Он заметил, что является предметом, вызывающим очень сильное любопытство. Никогда подобное существо не появлялось в лесу Киамо. Светлые волосы, бледное лицо, светло-серая одежда, каскетка с двойным козырьком — все это производило на горилл впечатление чего-то странного, чего-то таинственного, незнакомого, что еще никогда не появлялось в их лесных сумерках. Негры воспринимались как что-то близкое и знакомое. Те их когда-то победили, но не в их владениях и были для них соперниками чуть менее опасными, чем львы.
Но этот, кто он такой? Как он здесь оказался? Угрожает ли он безопасности их народа? Беспокойство появилось на грубых лицах антропоидов. Может быть, его надо принести в жертву? Убить его, с презрением прогнать или оставить у себя в рабстве?
Эти вопросы поднимались и, наверняка, каждое мнение было подкреплено множеством аргументов. По крайней мере, Алглав считал, что все происходит именно таким образом.
Наконец к нему приблизился лесной человек, который, казалось, хотел дать волю своей свирепости. Алглав это почувствовал особенно сильно. Закрыв глаза, он ждал. Но удара не последовало. Того, кто ему угрожал, отогнали свои же соплеменники. Открыв глаза, натуралист понял, что, судя по поведению окружающих, его жизнь пока что вне опасности. Его снова удалили с поляны и растянули на земле между корнями под охраной двух антропоидов, спутав лианами как веревками.
Издалека он услышал, что совет продолжается. Алглав ощущал неуверенность в благополучном исходе, глубокую грусть и даже сожаление, что впутался в это темное дело. Его любопытство ученого никуда не делось, особенно в сочетании с упорством в заблуждениях, которое во все времена было свойственно увлеченным исследователям.

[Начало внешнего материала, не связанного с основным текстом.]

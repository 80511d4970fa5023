-- ===== src/Gateway/Query/Handler.antt =====
-- observe-gateway/internal/server/server.go: handleQuery, dispatch and validate.
-- The encoders, the format of times, the parser of durations and the limiter are a record that the
-- section takes, and so are the backends, an interface in the code too. activeRequests, which nothing
-- reads, is left out. The texts of errors that other code writes are arguments.
pub mod Guards
pub mod Isolation
pub mod Tenants
pub mod Log
mod Tests
use x_scope_hub_svc_plus.Prelude.{
  ℕ, ◌/◌, Bool, true, false, not, ◌&&◌, ◌||◌, Option, none, some, List, [], ◌∷◌, ◌++◌, is_empty,
  if◌then◌else◌,
}
use x_scope_hub_svc_plus.Prelude.Text.{Text, codes, to_lower, text_eq}
use x_scope_hub_svc_plus.Gateway.Limiter.{Verdict, allowed, rate_limited, redis_error}
use x_scope_hub_svc_plus.Gateway.Query.{
  Request, Stats, Response, Entry, Cache, has_time_range, starts_late, log, get, set,
}
use x_scope_hub_svc_plus.Gateway.Query.Template.{Templates, resolve_template}
use x_scope_hub_svc_plus.Gateway.Query.Key.{build_cache_key}

pub record Result (Payload : Type 0) : Type 0 where
  pub payload : Payload
  pub backend : Text
  pub cost : ℕ

pub data Answer (Payload : Type 0) : Type 0 where
  result : Result Payload → Answer Payload
  unsupported : Text → Answer Payload
  failed : Text → Answer Payload

-- queryBackend, for a tenant and a request
pub record Backend (Payload : Type 0) : Type 0 where
  pub query_promql : Text → Request → Answer Payload
  pub query_logql : Text → Request → Answer Payload
  pub query_traceql : Text → Request → Answer Payload

pub record Library : Type 1 where
  pub Payload : Type 0
  pub Limits : Type 0
  pub allow : ℕ → Text → Limits → Verdict × Limits
  pub format_time : ℕ → Text
  pub is_duration : Text → Bool
  pub marshal : Response Payload → Option Payload
  pub marshal_failure : Text
  pub limiter_failure : Text
  pub unmarshal : Payload → Option (Text × ℕ)  -- the backend and the cost in the response's stats

pub data Verified : Type 0 where
  rejected : Text → Verified
  verified : Text → Text → Verified

pub record HttpRequest : Type 0 where
  pub decode_error : Option Text
  pub body : Request  -- as far as it was decoded
  pub header : Text → Text

pub record Config : Type 0 where
  pub tenant_header : Text
  pub user_header : Text
  pub templates : Templates
  pub audit : Bool

-- What happens around one request: the clock, how long it took in nanoseconds, and whether the cache still holds
-- and takes an entry.
pub record Moment : Type 0 where
  pub now : ℕ
  pub duration : ℕ
  pub held : Bool
  pub accepts : Bool

pub data Body (Payload : Type 0) : Type 0 where
  error_body : Text → Body Payload
  payload_body : Payload → Body Payload

pub record HttpResponse (Payload : Type 0) : Type 0 where
  pub status : ℕ
  pub body : Body Payload

-- A request that is refused before anything is asked: the status, the answer and, for the audit log,
-- the tenant, the user, the language, the query and the error.
pub record Refusal : Type 0 where
  pub status : ℕ
  pub message : Text
  pub tenant : Text
  pub user : Text
  pub request : Request
  pub logged : Text

pub record Admitted : Type 0 where
  pub request : Request
  pub tenant : Text
  pub user : Text

pub data Admission : Type 0 where
  refused : Refusal → Admission
  admitted : Admitted → Admission

-- validate: the error, if there is one
unfoldable pub validate : Request → Option Text
unfolding text_eq has_time_range starts_late
validate r =
    if text_eq r.lang (codes "promql")
    then none
    else if text_eq r.lang (codes "logql") || text_eq r.lang (codes "traceql")
    then (if not (has_time_range r)
        then some (r.lang ++ codes " requires start and end")
        else if starts_late r
        then some (codes "start must be before end")
        else none)
    else some (codes "unsupported language: " ++ r.lang)

unfoldable pub dispatch : {Payload : Type 0} → Backend Payload → Text → Request → Answer Payload
unfolding text_eq
dispatch b tenant r =
    if text_eq r.lang (codes "promql")
    then b.query_promql tenant r
    else if text_eq r.lang (codes "logql")
    then b.query_logql tenant r
    else if text_eq r.lang (codes "traceql")
    then b.query_traceql tenant r
    else failed (codes "unsupported language: " ++ r.lang)

refuse : ℕ → Text → Text → Text → Request → Text → Admission
refuse status message tenant user r logged = refused (record {
  status = status;
  message = message;
  tenant = tenant;
  user = user;
  request = r;
  logged = logged;
})

-- if header == "" { header = fallback }
abbrev or_header : Text → Text → Text
or_header header fallback = if is_empty header then fallback else header

-- The tenant's name and what validate says.
checked : Text → Text → Request → Admission
unfolding refuse validate
checked tenant user r =
    if is_empty tenant
    then refuse 400 (codes "tenant is required") [] [] r (codes "tenant missing")
    else elim (validate r) [
      | some e ↦ refuse 400 e tenant user r e
      | none ↦ admitted (record { request = r; tenant = tenant; user = user })
    ]

-- The tenant and the user of a request, from its token or from its headers.
identified : Config → Option (HttpRequest → Verified) → HttpRequest → Request → Admission
unfolding checked refuse
identified cfg none http r =
    checked (http.header (or_header cfg.tenant_header (codes "X-Tenant")))
      (http.header (or_header cfg.user_header (codes "X-User"))) r
identified cfg (some verify) http r = elim (verify http) [
  | rejected e ↦ refuse 401 e [] [] r e
  | verified tenant user ↦ checked tenant user r
]

-- The request with its template resolved and its language in lower case.
unfoldable pub prepared : Config → Request → Request
unfolding resolve_template to_lower
prepared cfg body =
    let resolved = resolve_template cfg.templates body in
    record resolved { lang = to_lower resolved.lang }

-- What handleQuery tests before it asks the limiter.
unfoldable pub admit :
    (Text → Bool) → Config → Option (HttpRequest → Verified) → HttpRequest → Admission
unfolding identified refuse prepared
admit is_duration cfg auth http = elim http.decode_error [
  | some e ↦ refuse 400 (codes "invalid request: " ++ e) [] [] http.body e
  | none ↦
      let r = prepared cfg http.body in
      if is_empty r.query
      then refuse 400 (codes "query is required") [] [] r (codes "query is required")
      else if not (is_empty r.step) && not (is_duration r.step)
      then refuse 400 (codes "invalid step duration") [] [] r (codes "invalid step")
      else identified cfg auth http r
]

-- The entry for a request that the guards refuse.
abbrev refusal_entry : Moment → Refusal → Entry
refusal_entry m d = record {
  tenant = d.tenant;
  user = d.user;
  lang = d.request.lang;
  query = d.request.query;
  cost = 0;
  duration = m.duration;
  cached = false;
  backend = [];
  error = d.logged;
}

module _ (lib : Library) where
  open lib use {
    Payload, Limits, allow, format_time, is_duration, marshal, unmarshal, marshal_failure,
    limiter_failure,
  }

  pub record Server : Type 0 where
    pub cfg : Config
    pub auth : Option (HttpRequest → Verified)
    pub backend : Backend Payload
    pub cache : Cache Payload
    pub limiter : Option Limits
    pub entries : List Entry

  -- writeError, and the entry of the audit log
  deny : ℕ → Text → Entry → Server → HttpResponse Payload × Server
  unfolding log
  deny status message entry s = (
    record { status = status; body = error_body message },
    record s { entries = log s.cfg.audit entry s.entries },
  )

  -- An entry for an admitted request.
  entry_of : ℕ → Admitted → ℕ → Bool → Text → Text → Entry
  entry_of duration a cost cached backend error = record {
    tenant = a.tenant;
    user = a.user;
    lang = a.request.lang;
    query = a.request.query;
    cost = cost;
    duration = duration;
    cached = cached;
    backend = backend;
    error = error;
  }

  -- A payload from the cache.
  answer_cached : ℕ → Admitted → Payload → Server → HttpResponse Payload × Server
  unfolding log entry_of
  answer_cached duration a data_in s =
      let entry : Entry = elim (unmarshal data_in) [
        | some (backend, cost) ↦ entry_of duration a cost true backend []
        | none ↦ entry_of duration a 0 true (codes "cache") []
      ] in
      (
        record { status = 200; body = payload_body data_in },
        record s { entries = log s.cfg.audit entry s.entries },
      )

  unfoldable pub response_to : ℕ → Admitted → Result Payload → Response Payload
  response_to duration a res = record {
    lang = a.request.lang;
    tenant = a.tenant;
    result = res.payload;
    stats = record {
      backend = res.backend;
      cached = false;
      duration_ms = duration / 1000000;
      cost = res.cost;
    };
  }

  -- A result of a backend, which the cache is given too.
  answer_result : Moment → Text → Admitted → Result Payload → Server → HttpResponse Payload × Server
  unfolding deny log set response_to entry_of
  answer_result m key a res s = elim (marshal (response_to m.duration a res)) [
    | none ↦
        deny 500 (codes "marshal response failed")
          (entry_of m.duration a 0 false res.backend marshal_failure) s
    | some payload ↦ (
      record { status = 200; body = payload_body payload },
      record s {
        cache = set m.accepts key payload s.cache;
        entries = log s.cfg.audit (entry_of m.duration a res.cost false res.backend []) s.entries;
      },
    )
  ]

  ask : Moment → Text → Admitted → Server → HttpResponse Payload × Server
  unfolding answer_result dispatch deny entry_of
  ask m key a s = elim (dispatch s.backend a.tenant a.request) [
    | result res ↦ answer_result m key a res s
    | unsupported e ↦ deny 400 e (entry_of m.duration a 0 false [] e) s
    | failed e ↦ deny 502 e (entry_of m.duration a 0 false [] e) s
  ]

  -- From the cache or from a backend.
  unfoldable pub serve : Moment → Admitted → Server → HttpResponse Payload × Server
  unfolding answer_cached ask get build_cache_key
  serve m a s =
      let key = build_cache_key format_time a.request a.tenant in
      elim (get m.held key s.cache) [
        | some data_in ↦ answer_cached m.duration a data_in s
        | none ↦ ask m key a s
      ]

  limited : Moment → Admitted → Option Limits → Server → HttpResponse Payload × Server
  unfolding serve deny entry_of
  limited m a none s = serve m a s
  limited m a (some l) s =
      let (verdict, l') = allow m.now a.tenant l in
      let s' = record s { limiter = some l' } in
      elim verdict [
        | allowed ↦ serve m a s'
        | rate_limited ↦
            deny 429 (codes "rate limit exceeded")
              (entry_of m.duration a 0 false [] (codes "rate limit exceeded")) s'
        | redis_error ↦
            deny 500 limiter_failure (entry_of m.duration a 0 false [] limiter_failure) s'
      ]

  unfoldable pub handle_query : Moment → HttpRequest → Server → HttpResponse Payload × Server
  unfolding admit limited deny
  handle_query m http s = elim (admit is_duration s.cfg s.auth http) [
    | refused d ↦ deny d.status d.message (refusal_entry m d) s
    | admitted a ↦ limited m a s.limiter s
  ]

IVЭто было утром. По небу разлилась сияющая заря, утренняя звезда засверкала на небесном своде, а затем настал день. Лес, казалось, закончился, но это была всего лишь иллюзия. Широкая река, которая протянулась до самого горизонта, пересекает Киамо, но не является его границей. Она продолжает вдали эту великую растительную жизнь. Можно видеть, как по берегам дремлют чудовищные крокодилы, как высоко над речным простором парят гигантские грифы, гиппопотамы тяжело плещутся в зеленоватой воде. Другая жизнь — более замкнутая, паразитическая, скрытая, роскошная, прекрасная, зловещая и радостная угадывалась среди этого растительного изобилия.